The electrochemical properties of these cathode materials were measured with CR2032-type coin cells, which consist of an oxide cathode, a Li metal anode and a porous polypropylene separator (Celgard 2400) with a 1 M LiPF₆ solution in EC–DMC (1 : 1 in volume rate) as the electrolyte. The cathodes were prepared by mixing the oxide powder, carbon black and polyvinylidene difluoride (PVDF) binder (80 : 13 : 7, weight ratio) in N-methyl pyrrolidone (NMP). The obtained slurry was casted onto aluminum foil and dried in a vacuum oven at 100 °C for 10 h. The foil was cut into discs with diameters of 14 mm and then pressed prior to use.

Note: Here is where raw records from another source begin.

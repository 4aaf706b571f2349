-- ===== src/Workflow/Validation/Connectivity.antt =====
-- Edges and reachability as relations, and what one round of the search does to its sets.
use adk_js.Prelude.{
  ℕ, suc, ◌+◌, ◌≤◌, ◌≡◌, ◌⊎◌, inl, inr, String, Bool, true, false, ◌&&◌, ◌||◌, List, [], ◌∷◌,
  length, length-append, arith, eq_iff, Bool-cases, str_eq, if◌then◌else◌,
}
use adk_js.Prelude.Names.{contains, insert, contains-append}
use adk_js.Workflow.Graph.{start_name, Edge}
use adk_js.Workflow.Validation.{targets_from, push_new}

-- Some edge leads from `a` to `b`.
abbrev pub has_edge : String → String → List Edge → Bool
has_edge a b [] = false
has_edge a b (e ∷ es) =
    if str_eq e.from_node.name a && str_eq b e.to_node.name then true else has_edge a b es

-- There is a chain of edges from START.
pub data Reachable (edges : List Edge) : String → Type 0 where
  start : Reachable edges start_name
  follow : {a b : String} → Reachable edges a → has_edge a b edges ≡ true → Reachable edges b

pub contains-insert :
    (b m : String) (l : List String) → contains b (insert m l) ≡ (contains b l || str_eq b m)
contains-insert b m l = ground (arith, contains-append b l (m ∷ []), eq_iff b m)

pub contains-targets_from :
    (a b : String) (found : List String) (es : List Edge)
    → contains b (targets_from a found es) ≡ (contains b found || has_edge a b es)
unfolding targets_from
contains-targets_from a b found [] = ground arith
contains-targets_from a b found (e ∷ es) = elim (Bool-cases (str_eq e.from_node.name a)) [
  | inl h ↦ rw h (
      ground (
        arith,
        contains-targets_from a b (insert e.to_node.name found) es,
        contains-insert b e.to_node.name found,
      ))
  | inr h ↦ rw h (contains-targets_from a b found es)
]

-- What is on the stack after a push: what was there, and the new names.
pub contains-push_new :
    (b : String) (reachable ns stack : List String)
    → contains b reachable ≡ false
    → contains b (push_new reachable ns stack) ≡ (contains b stack || contains b ns)
contains-push_new b reachable [] stack h = ground arith
contains-push_new b reachable (n ∷ ns) stack h = elim (Bool-cases (contains n reachable)) [
  | inl k ↦ rw k (ground (arith, contains-push_new b reachable ns stack h, eq_iff b n))
  | inr k ↦ rw k (ground (arith, contains-push_new b reachable ns (n ∷ stack) h, eq_iff b n))
]

pub push_new_sound :
    (b : String) (reachable ns stack : List String)
    → contains b (push_new reachable ns stack) ≡ true
    → (contains b stack ≡ true) ⊎ (contains b ns ≡ true)
push_new_sound b reachable [] stack h = inl h
push_new_sound b reachable (n ∷ ns) stack h = elim (Bool-cases (contains n reachable)) [
  | inl k ↦ ground (arith, push_new_sound b reachable ns stack, eq_iff b n)
  | inr k ↦ ground (arith, push_new_sound b reachable ns (n ∷ stack), eq_iff b n)
]

pub push_new_keeps :
    (b : String) (reachable ns stack : List String)
    → contains b stack ≡ true
    → contains b (push_new reachable ns stack) ≡ true
push_new_keeps b reachable [] stack h = h
push_new_keeps b reachable (n ∷ ns) stack h =
    push_new_keeps b reachable ns (if contains n reachable then stack else n ∷ stack)
      (ground (arith, eq_iff b n))

-- The edges from `a`, and those whose source is not in `l`.
pub out_degree : String → List Edge → ℕ
out_degree a [] = 0
out_degree a (e ∷ es) =
    let rest = out_degree a es in if str_eq e.from_node.name a then suc rest else rest

pub out_left : List String → List Edge → ℕ
out_left l [] = 0
out_left l (e ∷ es) =
    let rest = out_left l es in if contains e.from_node.name l then rest else suc rest

pub out_left_visit :
    (a : String) (l : List String) (es : List Edge)
    → contains a l ≡ false
    → out_left (a ∷ l) es + out_degree a es ≡ out_left l es
unfolding out_left out_degree
out_left_visit a l [] h = omega arith
out_left_visit a l (e ∷ es) h = ground (arith, out_left_visit a l es, eq_iff e.from_node.name a)

pub out_left-le-length : (l : List String) (es : List Edge) → out_left l es ≤ length es
unfolding out_left
out_left-le-length l [] = omega arith
out_left-le-length l (e ∷ es) = ground (arith, out_left-le-length l es)

length-insert : (n : String) (l : List String) → length (insert n l) ≤ suc (length l)
length-insert n l = ground (arith, length-append l (n ∷ []))

pub length-targets_from :
    (a : String) (found : List String) (es : List Edge)
    → length (targets_from a found es) ≤ length found + out_degree a es
unfolding targets_from out_degree
length-targets_from a found [] = omega arith
length-targets_from a found (e ∷ es) = elim (Bool-cases (str_eq e.from_node.name a)) [
  | inl h ↦ rw h (
      omega (
        arith,
        length-targets_from a (insert e.to_node.name found) es,
        length-insert e.to_node.name found,
      ))
  | inr h ↦ rw h (length-targets_from a found es)
]

pub length-push_new :
    (reachable ns stack : List String)
    → length (push_new reachable ns stack) ≤ length stack + length ns
length-push_new reachable [] stack = omega arith
length-push_new reachable (n ∷ ns) stack = elim (Bool-cases (contains n reachable)) [
  | inl k ↦ rw k (omega (arith, length-push_new reachable ns stack))
  | inr k ↦ rw k (omega (arith, length-push_new reachable ns (n ∷ stack)))
]
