-- ===== src/Workflow/Validation/Search.antt =====
-- The search from START ends within its fuel, and finds exactly the reachable names.
use adk_js.Prelude.{
  ℕ, zero, suc, ◌+◌, ◌≤◌, ◌<◌, ◌≡◌, refl, ◌↔◌, inl, inr, String, true, false, ◌||◌, some, List, [],
  ◌∷◌, length, arith, eq_iff, Bool-cases,
}
use adk_js.Prelude.Names.{contains, contains_head, contains_tail, contains_cases}
use adk_js.Workflow.Graph.{start_name, Edge}
use adk_js.Workflow.Validation.{targets_from, push_new, search_loop, reachable_from_start}
use adk_js.Workflow.Validation.Connectivity.{
  has_edge, Reachable, start, follow, contains-targets_from, contains-push_new, push_new_sound,
  push_new_keeps, out_left, out_left_visit, out_left-le-length, length-targets_from,
  length-push_new,
}

module _ (edges : List Edge) where
  abbrev visit : String → List String → List String → List String
  visit n stack reachable = push_new (n ∷ reachable) (targets_from n [] edges) stack

  visit_smaller :
      (n : String) (stack reachable : List String)
      → contains n reachable ≡ false
      → length (visit n stack reachable) + out_left (n ∷ reachable) edges
        ≤ length stack + out_left reachable edges
  visit_smaller n stack reachable h = omega (
    arith,
    length-push_new (n ∷ reachable) (targets_from n [] edges) stack,
    length-targets_from n [] edges,
    out_left_visit n reachable edges h,
  )

  -- The search ends with a result if the stack and the edges that are left number less than the
  -- fuel.
  search_total :
      (f : ℕ) (stack reachable : List String)
      → length stack + out_left reachable edges < f
      → (r : List String) × (search_loop f edges stack reachable ≡ some r)
  unfolding search_loop
  search_total zero stack reachable h = elim h [ ]
  search_total (suc f) [] reachable h = (reachable, refl)
  search_total (suc f) (n ∷ stack) reachable h = elim (Bool-cases (contains n reachable)) [
    | inl seen ↦ rw seen (search_total f stack reachable (omega arith))
    | inr new ↦ rw new (
        search_total f (visit n stack reachable) (n ∷ reachable)
          (omega (arith, visit_smaller n stack reachable new)))
  ]

  abbrev AllReachable : List String → Type 0
  AllReachable l = (b : String) → contains b l ≡ true → Reachable edges b

  visit_reachable :
      (n : String) (stack reachable : List String)
      → AllReachable (n ∷ stack)
      → AllReachable (visit n stack reachable)
  visit_reachable n stack reachable h b k =
      elim (push_new_sound b (n ∷ reachable) (targets_from n [] edges) stack k) [
        | inl old ↦ h b (contains_tail b n stack old)
        | inr new ↦
            follow (h n (contains_head n stack))
              (ground (arith, contains-targets_from n b [] edges))
      ]

  search_sound :
      (f : ℕ) (stack reachable r : List String)
      → AllReachable stack
      → AllReachable reachable
      → search_loop f edges stack reachable ≡ some r
      → AllReachable r
  unfolding search_loop
  search_sound zero stack reachable r hs hr e = λ b k. cc
  search_sound (suc f) [] reachable r hs hr e = λ b k. hr b (ground (arith, e, k))
  search_sound (suc f) (n ∷ stack) reachable r hs hr e = elim (Bool-cases (contains n reachable)) [
    | inl seen ↦
        search_sound f stack reachable r (λ b k. hs b (contains_tail b n stack k)) hr (rw seen at e)
    | inr new ↦
        search_sound f (visit n stack reachable) (n ∷ reachable) r
          (visit_reachable n stack reachable hs)
          (λ b k. elim (contains_cases b n reachable k) [
            | inl same ↦ rw same (hs n (contains_head n stack))
            | inr old ↦ hr b old
          ])
          (rw new at e)
  ]

  -- An edge out of a visited name leads to a visited name or to one on the stack.
  abbrev Covers : List String → List String → Type 0
  Covers reachable stack =
      (a b : String)
      → contains a reachable ≡ true
      → has_edge a b edges ≡ true
      → (contains b reachable || contains b stack) ≡ true

  Covers-skip :
      (n : String) (stack reachable : List String)
      → contains n reachable ≡ true
      → Covers reachable (n ∷ stack)
      → Covers reachable stack
  Covers-skip n stack reachable seen c a b h k = ground (arith, c a b h k, eq_iff b n)

  Covers-visit :
      (n : String) (stack reachable : List String)
      → Covers reachable (n ∷ stack)
      → Covers (n ∷ reachable) (visit n stack reachable)
  Covers-visit n stack reachable c a b h k = elim (Bool-cases (contains b (n ∷ reachable))) [
    | inl old ↦ ground (arith, old)
    | inr new ↦ elim (contains_cases a n reachable h) [
      | inl same ↦ ground (
        arith,
        new,
        contains-push_new b (n ∷ reachable) (targets_from n [] edges) stack new,
        contains-targets_from n b [] edges,
        eq_iff a n,
      )
      | inr was ↦ ground (
        arith,
        new,
        contains-push_new b (n ∷ reachable) (targets_from n [] edges) stack new,
        c a b was k,
        eq_iff b n,
      )
    ]
  ]

  search_closed :
      (f : ℕ) (stack reachable r : List String)
      → Covers reachable stack
      → search_loop f edges stack reachable ≡ some r
      → Covers r []
  unfolding search_loop
  search_closed zero stack reachable r c e = λ a b h k. cc
  search_closed (suc f) [] reachable r c e =
      λ a b h k. ground (arith, e, c a b (ground (arith, e, h)) k)
  search_closed (suc f) (n ∷ stack) reachable r c e = elim (Bool-cases (contains n reachable)) [
    | inl seen ↦
        search_closed f stack reachable r (Covers-skip n stack reachable seen c) (rw seen at e)
    | inr new ↦
        search_closed f (visit n stack reachable) (n ∷ reachable) r
          (Covers-visit n stack reachable c) (rw new at e)
  ]

  -- What the search has visited or holds on its stack it still has at the end.
  search_keeps :
      (f : ℕ) (stack reachable r : List String) (b : String)
      → (contains b reachable || contains b stack) ≡ true
      → search_loop f edges stack reachable ≡ some r
      → contains b r ≡ true
  unfolding search_loop
  search_keeps zero stack reachable r b h e = cc
  search_keeps (suc f) [] reachable r b h e = ground (arith, e, h)
  search_keeps (suc f) (n ∷ stack) reachable r b h e = elim (Bool-cases (contains n reachable)) [
    | inl seen ↦ search_keeps f stack reachable r b (ground (arith, eq_iff b n)) (rw seen at e)
    | inr new ↦
        search_keeps f (visit n stack reachable) (n ∷ reachable) r b
          (ground
            (arith, eq_iff b n, push_new_keeps b (n ∷ reachable) (targets_from n [] edges) stack))
          (rw new at e)
  ]

  reachable_mem :
      (r : List String) {b : String}
      → contains start_name r ≡ true
      → Covers r []
      → Reachable edges b
      → contains b r ≡ true
  reachable_mem r s c start = s
  reachable_mem r s c (follow {a} {b} p h) = ground (arith, c a b (reachable_mem r s c p) h)

-- The search from START always returns a set within its fuel, and a name is in it exactly when a
-- chain of edges leads to it from START.
pub reachable_from_start_iff :
    (edges : List Edge)
    → (r : List String) × (reachable_from_start edges ≡ some r)
      × ((b : String) → (contains b r ≡ true) ↔ Reachable edges b)
unfolding reachable_from_start
reachable_from_start_iff edges =
    let fuel = suc (suc (length edges)) in
    let (r, e) =
      search_total edges fuel (start_name ∷ []) [] (omega (arith, out_left-le-length [] edges)) in
    (
      r,
      e,
      λ b. (
        search_sound edges fuel (start_name ∷ []) [] r
            (λ c k. elim (contains_cases c start_name [] k) [
              | inl same ↦ rw same start
              | inr no_more ↦ cc
            ])
            (λ c k. cc) e b,
        reachable_mem edges r
            (search_keeps edges fuel (start_name ∷ []) [] r start_name (contains_head start_name [])
              e)
            (search_closed edges fuel (start_name ∷ []) [] r (λ a c h k. cc) e),
      ),
    )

The loading of the active material in the electrode was 3–4 mg cm⁻². All coin cells were assembled and sealed in an argon-filled glove box. The cells were charged and discharged galvanostatically between 2.0 and 4.8 V (vs. Li/Li⁺) at room temperature with current densities of 0.1C, 0.2C, 0.5C, and 1C, respectively. Above discharge rates of 1C, the cells were charged at 1C and discharged at the corresponding rates from 3C to 10C (1C = 200 mA g⁻¹). Electrochemical impedance spectroscopic (EIS) measurements were tested on an electrochemical workstation (Zennium, IM6) in the frequency range of 100 kHz to 10 mHz with an alternating current amplitude of 5 mV.

3. Results and discussion

ICP-AES analysis data for the atomic compositions of the as-synthesized materials are listed in Table 1. It illustrates that the ratios of Ni : Mn and Li/[Ni + Mn] in all the samples are approximately consistent with the expected Li_1.5Mn_0.75Ni_0.25O_2.5 stoichiometry within experimental errors.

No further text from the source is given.